DIRECTIONS:
Your answer should be the lines of the listing that contain the word "Elements".

RECORDS SUPPLIED:
###
-- ===== src/Msg.antt =====
-- src/hh_dp_msg.c
pub mod Request
pub mod Build
pub mod Response
pub mod Stays
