-- ===== src/Vty.antt =====
-- src/hh_dp_vty.c and .h, src/hh_dp_vty_common.h, and src/vtysh_hhdplane.c: the commands that the plugin
-- adds to zebra's terminal, and those that the shell vtysh forwards to zebra. FRR's parser of commands
-- is left out: a command is its text and the function that runs it.
pub mod Commands
use dplane_plugin.Base.{ℕ, List, [], ◌∷◌, ◌++◌, Bool, true, false, not, ◌==◌, length, if◌then◌else◌}
use dplane_plugin.Base.Text.{text, text_eq}
use dplane_plugin.World.Env.{Env}
use dplane_plugin.World.State.{State, on_comm}
use dplane_plugin.Stats.Show.{Tags, hh_vty_show_stats}

-- The macros of the plugin's build.
pub record Build : Type 0 where
  pub ver_string : List ℕ
  pub build_date : List ℕ
  pub build_type : List ℕ
  pub git_commit : List ℕ
  pub git_branch : List ℕ
  pub git_tag : List ℕ

unfoldable pub hh_vty_show_version : Build → List ℕ
hh_vty_show_version b =
    text "\n Hedgehog-GW plugin "
    ++ (b.ver_string
        ++ (b'\n'
            ∷ (text "  Built on "
                ++ (b.build_date
                    ++ (text " ("
                        ++ (b.build_type
                            ++ (text ")\n"
                                ++ (text "   Commit: "
                                    ++ (b.git_commit
                                        ++ (b'\n'
                                            ∷ (text "   Branch: "
                                                ++ (b.git_branch
                                                    ++ (b'\n'
                                                        ∷ (text "   Tag   : "
                                                            ++ ((if not (length b.git_tag == 0)
                                                            then b.git_tag
                                                            else text "none")
                                                            ++ text "\n\n")))))))))))))))

abbrev pub hh_cmd_show_plugin_version : List ℕ
hh_cmd_show_plugin_version = text "show hedgehog plugin version"

abbrev pub hh_cmd_show_rpc_stats : List ℕ
hh_cmd_show_rpc_stats = text "show hedgehog rpc stats"

abbrev pub hh_cmd_debug_rpc : List ℕ
hh_cmd_debug_rpc = text "[no] debug hedgehog rpc"

-- A command returns what it prints, and the state.
unfoldable pub hh_dp_show_plugin_version : Build → State → List ℕ × State
hh_dp_show_plugin_version b s = (hh_vty_show_version b, s)

unfoldable pub hh_dp_show_rpc_stats : Env → Tags → State → List ℕ × State
hh_dp_show_rpc_stats e tags s = (hh_vty_show_stats e tags s, s)

abbrev pub enabled_text : Bool → List ℕ
enabled_text true = text "enabled"
enabled_text false = text "disabled"

-- `word` is the first word of the command as it was typed.
unfoldable pub hh_dp_debug_rpc_msg : List ℕ → State → List ℕ × State
hh_dp_debug_rpc_msg word s =
    let on = not (text_eq word (text "no")) in
    (
      text "Hedgehog RPC debugging is now " ++ (enabled_text on ++ b'\n' ∷ []),
      on_comm (λ c. record c { log_dataplane_msg = on }) s,
    )

-- The nodes of the terminal at which commands are installed.
pub data Node : Type 0 where
  view_node enable_node : Node

-- `install_element`: the table of commands, the latest first.
abbrev pub Elements : Type 0
Elements = List (Node × List ℕ)

abbrev pub install_element : Node → List ℕ → Elements → Elements
install_element node cmd els = (node, cmd) ∷ els

unfoldable pub hh_dp_vty_init : Elements → Elements
hh_dp_vty_init els = install_element enable_node hh_cmd_debug_rpc (
    install_element view_node hh_cmd_show_rpc_stats
      (install_element view_node hh_cmd_show_plugin_version els))

-- What vtysh does with a command: the text that it has for the command, or the words that were typed,
-- go to a daemon.
pub data Forwarded : Type 0 where
  execute_name : List ℕ → List ℕ → Forwarded
  one_daemon : List ℕ → List (List ℕ) → Forwarded

unfoldable pub vtysh_show_hedgehog_plugin_version : Forwarded
vtysh_show_hedgehog_plugin_version = execute_name (text "zebra") hh_cmd_show_plugin_version

unfoldable pub vtysh_show_hedgehog_rpc_stats : Forwarded
vtysh_show_hedgehog_rpc_stats = execute_name (text "zebra") hh_cmd_show_rpc_stats

unfoldable pub vtysh_debug_hh_rpc_msg : List (List ℕ) → Forwarded
vtysh_debug_hh_rpc_msg argv = one_daemon (text "zebra") argv

unfoldable pub vtysh_extension : Elements → ℕ × Elements
vtysh_extension els = (
  0,
  install_element enable_node hh_cmd_debug_rpc (
      install_element view_node hh_cmd_show_plugin_version
        (install_element view_node hh_cmd_show_rpc_stats els)),
)
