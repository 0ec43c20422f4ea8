-- ===== src/Vty/Commands.antt =====
-- What the commands of src/hh_dp_vty.c leave, and that vtysh knows the same ones.
use mathlib.Core.List.{Perm}
use mathlib.Core.List.Perm
use dplane_plugin.Base.{◌≡◌, refl}
use dplane_plugin.Vty.{Elements, hh_dp_vty_init, vtysh_extension}

-- From the same table, vtysh comes to the commands of the plugin, each at the same node, in another
-- order.
pub vtysh_extension-Perm :
    (els : Elements)
    → ((vtysh_extension els).0 ≡ 0) × Perm (vtysh_extension els).1 (hh_dp_vty_init els)
unfolding vtysh_extension hh_dp_vty_init
vtysh_extension-Perm els = (refl, Perm.cons _ (Perm.swap _ _ _))
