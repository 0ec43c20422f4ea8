-- ===== src/World.antt =====
-- What the plugin runs in: FRR's objects, the kernel's answers, the plugin's global state, and the
-- monad in which its functions run.
pub mod Frr
pub mod Env
pub mod State
pub mod Monad
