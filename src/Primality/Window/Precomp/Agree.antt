-- ===== src/Primality/Window/Precomp/Agree.antt =====
-- The precomputed tests of new_src/primality_limbs.c.
use gap_miner_v.Prelude.{
  ℕ, ◌-◌, ◌/◌, ◌%◌, ◌^◌, ◌≤◌, ◌<◌, ◌≡◌, ◌∙◌, arith, false, ◌||◌, some, List, ltb, leb, ◌==◌, get_or,
  length, if-false,
}
use gap_miner_v.Primality.Word.{mont_ninv}
use gap_miner_v.Primality.Limbs.{cpu_moddbl_n, cpu_rmodn_n}
use gap_miner_v.Primality.Limbs.Value.{value, AllWords}
use gap_miner_v.Primality.Limbs.Montmul.{cpu_montmul_n}
use gap_miner_v.Primality.Limbs.{max_limbs}
use gap_miner_v.Primality.Window.{
  get_bits4, find_msb_n, odd_powers, minus_one, halve_limbs, is_one, euler_accepts, pow2_window,
}
use gap_miner_v.Primality.Window.Loop.{CountsTrailing}
use gap_miner_v.Primality.Window.Exponent.{LeadingZeros, minus_one_lem, halve_limbs_lem}
use gap_miner_v.Primality.Window.Accept.{fermat_power, euler_power, get_bits4-Reads, low_odd}
use gap_miner_v.Primality.Window.Precomp.{
  ExactPrecomp, precomp_init, window_from_precomp, fermat_test_precomp, euler_test_precomp,
}

abbrev prepared : (ℕ → ℕ) → List ℕ → ℕ → ExactPrecomp
prepared clzll n nl =
    let mul : List ℕ → List ℕ → List ℕ = λ a b. cpu_montmul_n a b n (mont_ninv (get_or n 0 0)) nl in
    let base_m = cpu_moddbl_n (cpu_rmodn_n clzll n nl) n nl in
    record {
      nlimbs = nl;
      win_bits = 4;
      ninv = mont_ninv (get_or n 0 0);
      n = n;
      base_m = base_m;
      win = odd_powers mul (mul base_m base_m) 8 base_m;
      nm1 = minus_one n;
      fermat_exp = minus_one n;
      euler_exp = halve_limbs (minus_one n);
      fermat_msb = find_msb_n clzll (minus_one n) nl;
      euler_msb = find_msb_n clzll (halve_limbs (minus_one n)) nl;
    }

module _ (clzll ctz : ℕ → ℕ) (n : List ℕ) (nl : ℕ) (leading : LeadingZeros clzll)
    (trailing : CountsTrailing ctz) (words : AllWords n) (size : length n ≡ nl) (several : 2 ≤ nl)
    (few : nl ≤ max_limbs) (top : 0 < get_or n (nl - 1) 0) (odd : value n % 2 ≡ 1)
    (large : 4 ≤ value n) where
  positive : 0 < nl
  positive = omega arith

  init_ready : precomp_init clzll 4 n nl ≡ some (prepared clzll n nl)
  unfolding precomp_init
  init_ready =
      let inside : ((nl == 0) || ltb max_limbs nl) ≡ false = ground arith in
      let low = low_odd clzll ctz n nl leading trailing words size positive few top odd large in
      let fine : ((nl == 1) || (get_or n 0 0 % 2 == 0)) ≡ false = ground (arith, low) in
      if-false _ _ _ inside ∙ if-false _ _ _ fine

  fermat_ready :
      fermat_test_precomp ctz (prepared clzll n nl)
      ≡ is_one (pow2_window clzll ctz 4 (get_bits4 (minus_one n)) (minus_one n) n nl)
  unfolding fermat_test_precomp window_from_precomp pow2_window
  fermat_ready = if-false (leb nl 1) _ _ (ground arith)

  euler_ready :
      euler_test_precomp ctz (prepared clzll n nl)
      ≡ euler_accepts
          (pow2_window clzll ctz 4
            (get_bits4 (halve_limbs (minus_one n)))
            (halve_limbs (minus_one n))
            n
            nl)
          (minus_one n)
  unfolding euler_test_precomp window_from_precomp pow2_window
  euler_ready = if-false (leb nl 1) _ _ (ground arith)

  -- For an odd number from 4 on of 2 up to 20 limbs whose top limb is not 0, and builtins that count the
  -- zeros, with a window of 4 bits `primality_exact_precomp_init` succeeds, and from what it computes the two
  -- precomputed tests ask whether 2 ^ (n - 1) leaves 1 modulo `n` and whether 2 ^ ((n - 1) / 2) leaves 1 or
  -- -1.
  pub precomp_init-tests :
      (precomp : ExactPrecomp) × (precomp_init clzll 4 n nl ≡ some precomp)
      × (fermat_test_precomp ctz precomp ≡ (2 ^ (value n - 1) % value n == 1))
      × (euler_test_precomp ctz precomp ≡ (
          (2 ^ ((value n - 1) / 2) % value n == 1)
          || (2 ^ ((value n - 1) / 2) % value n == value n - 1)))
  precomp_init-tests =
      let m = minus_one_lem n words odd in
      let h = halve_limbs_lem (minus_one n) m.0 in
      let reads =
        get_bits4-Reads clzll ctz n nl leading trailing words size positive few top odd large in
      (
        prepared clzll n nl,
        init_ready,
        fermat_ready
            ∙ fermat_power clzll ctz n nl leading trailing words size positive few top odd large 4
                (get_bits4 (minus_one n)) (omega arith) (omega arith) (reads (minus_one n) m.0),
        euler_ready
            ∙ euler_power clzll ctz n nl leading trailing words size positive few top odd large
                (minus_one n) m.0 (m.1 ∙ size) m.2 4 (get_bits4 (halve_limbs (minus_one n)))
                (omega arith) (omega arith) (reads (halve_limbs (minus_one n)) h.0),
      )
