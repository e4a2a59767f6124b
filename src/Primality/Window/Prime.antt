-- ===== src/Primality/Window/Prime.antt =====
-- The tests on several limbs of new_src/primality_limbs.c accept the primes.
use native.Mathlib.Nat.{mod-eq_of_lt, mul-le-mul, le_refl}
use native.Mathlib.Decide.{dec_lt}
use gap_miner_v.Prelude.{
  ℕ, zero, suc, ◌-◌, ◌*◌, ◌%◌, ◌^◌, ◌≤◌, ◌<◌, ◌≡◌, ◌∙◌, sym, arith, true, List, get_or, length,
}
use gap_miner_v.Primes.{IsPrime}
use gap_miner_v.Primes.Fermat.{fermat}
use gap_miner_v.Primality.Word.Rabin.{odd_of_prime}
use gap_miner_v.Primality.Exact.Powers.{euler_of_prime, exact_of_prime}
use gap_miner_v.Primality.Limbs.Value.{value, AllWords, weight, weight-pos}
use gap_miner_v.Primality.Limbs.Radix.{limb_le}
use gap_miner_v.Primality.Limbs.{max_limbs}
use gap_miner_v.Primality.Window.{fermat_test_nlimbs, euler_test_nlimbs}
use gap_miner_v.Primality.Window.Loop.{CountsTrailing}
use gap_miner_v.Primality.Window.Exponent.{LeadingZeros}
use gap_miner_v.Primality.Window.Accept.{nlimbs_tests_lem, one_tests}

-- With two limbs the number is not small.
top_value : (n : List ℕ) (nl : ℕ) → 2 ≤ nl → 0 < get_or n (nl - 1) 0 → 2 ^ 64 ≤ value n
top_value n zero h top = absurd (omega arith)
top_value n (suc zero) h top = absurd (omega arith)
top_value n (suc (suc k)) h top =
    let e : suc (suc k) - 1 ≡ suc k = omega arith in
    let some : 1 ≤ get_or n (suc k) 0 = rw (sym e) top in
    let more : weight (suc k) * 1 ≤ weight (suc k) * get_or n (suc k) 0 =
      mul-le-mul (le_refl (weight (suc k))) some in
    omega (arith, limb_le n (suc k), more, weight-pos k)

-- For a prime of `nl` limbs, 1 up to 20 and the top one not 0, and builtins that count the zeros,
-- `fermat_test_cpu_nlimbs` and `euler_test_cpu_nlimbs` accept it for every size of the window.
pub nlimbs_of_prime :
    (clzll ctz : ℕ → ℕ) (win_bits : ℕ) (n : List ℕ) (nl : ℕ)
    → LeadingZeros clzll
    → CountsTrailing ctz
    → AllWords n
    → length n ≡ nl
    → 0 < nl
    → nl ≤ max_limbs
    → 0 < get_or n (nl - 1) 0
    → IsPrime (value n)
    → (fermat_test_nlimbs clzll ctz win_bits n nl ≡ true)
      × (euler_test_nlimbs clzll ctz win_bits n nl ≡ true)
nlimbs_of_prime clzll ctz win_bits n nl leading trailing words size some few top prime =
    elim (dec_lt 3 (value n)) [
      | yes large ↦
          let odd = odd_of_prime (value n) prime large in
          let two : 0 < 2 % value n =
            rw (mod-eq_of_lt {n = 2} {m = value n} (omega arith)) (omega arith) in
          let tests =
            nlimbs_tests_lem clzll ctz n nl leading trailing words size some few top odd large
              win_bits in
          let f = fermat (value n) prime 2 two in
          (tests.0 ∙ ground (arith, f), tests.1 ∙ euler_of_prime (value n) 2 prime odd two)
      | no small ↦
          let one : nl ≡ 1 = elim (dec_lt nl 2) [
            | yes k ↦ omega arith
            | no k ↦ absurd (omega (arith, small, top_value n nl (omega arith) top))
          ] in
          let tests = one_tests clzll ctz win_bits n nl words size one in
          let word : value n < 2 ^ 64 = omega arith in
          let exact = exact_of_prime (value n) prime word in (tests.0 ∙ exact.1, tests.1 ∙ exact.0)
    ]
###
RESPONSE TO THIS TASK:
abbrev pub Elements : Type 0
Elements = List (Node × List ℕ)
abbrev pub install_element : Node → List ℕ → Elements → Elements
unfoldable pub hh_dp_vty_init : Elements → Elements
unfoldable pub vtysh_extension : Elements → ℕ × Elements
use dplane_plugin.Vty.{Elements, hh_dp_vty_init, vtysh_extension}
    (els : Elements)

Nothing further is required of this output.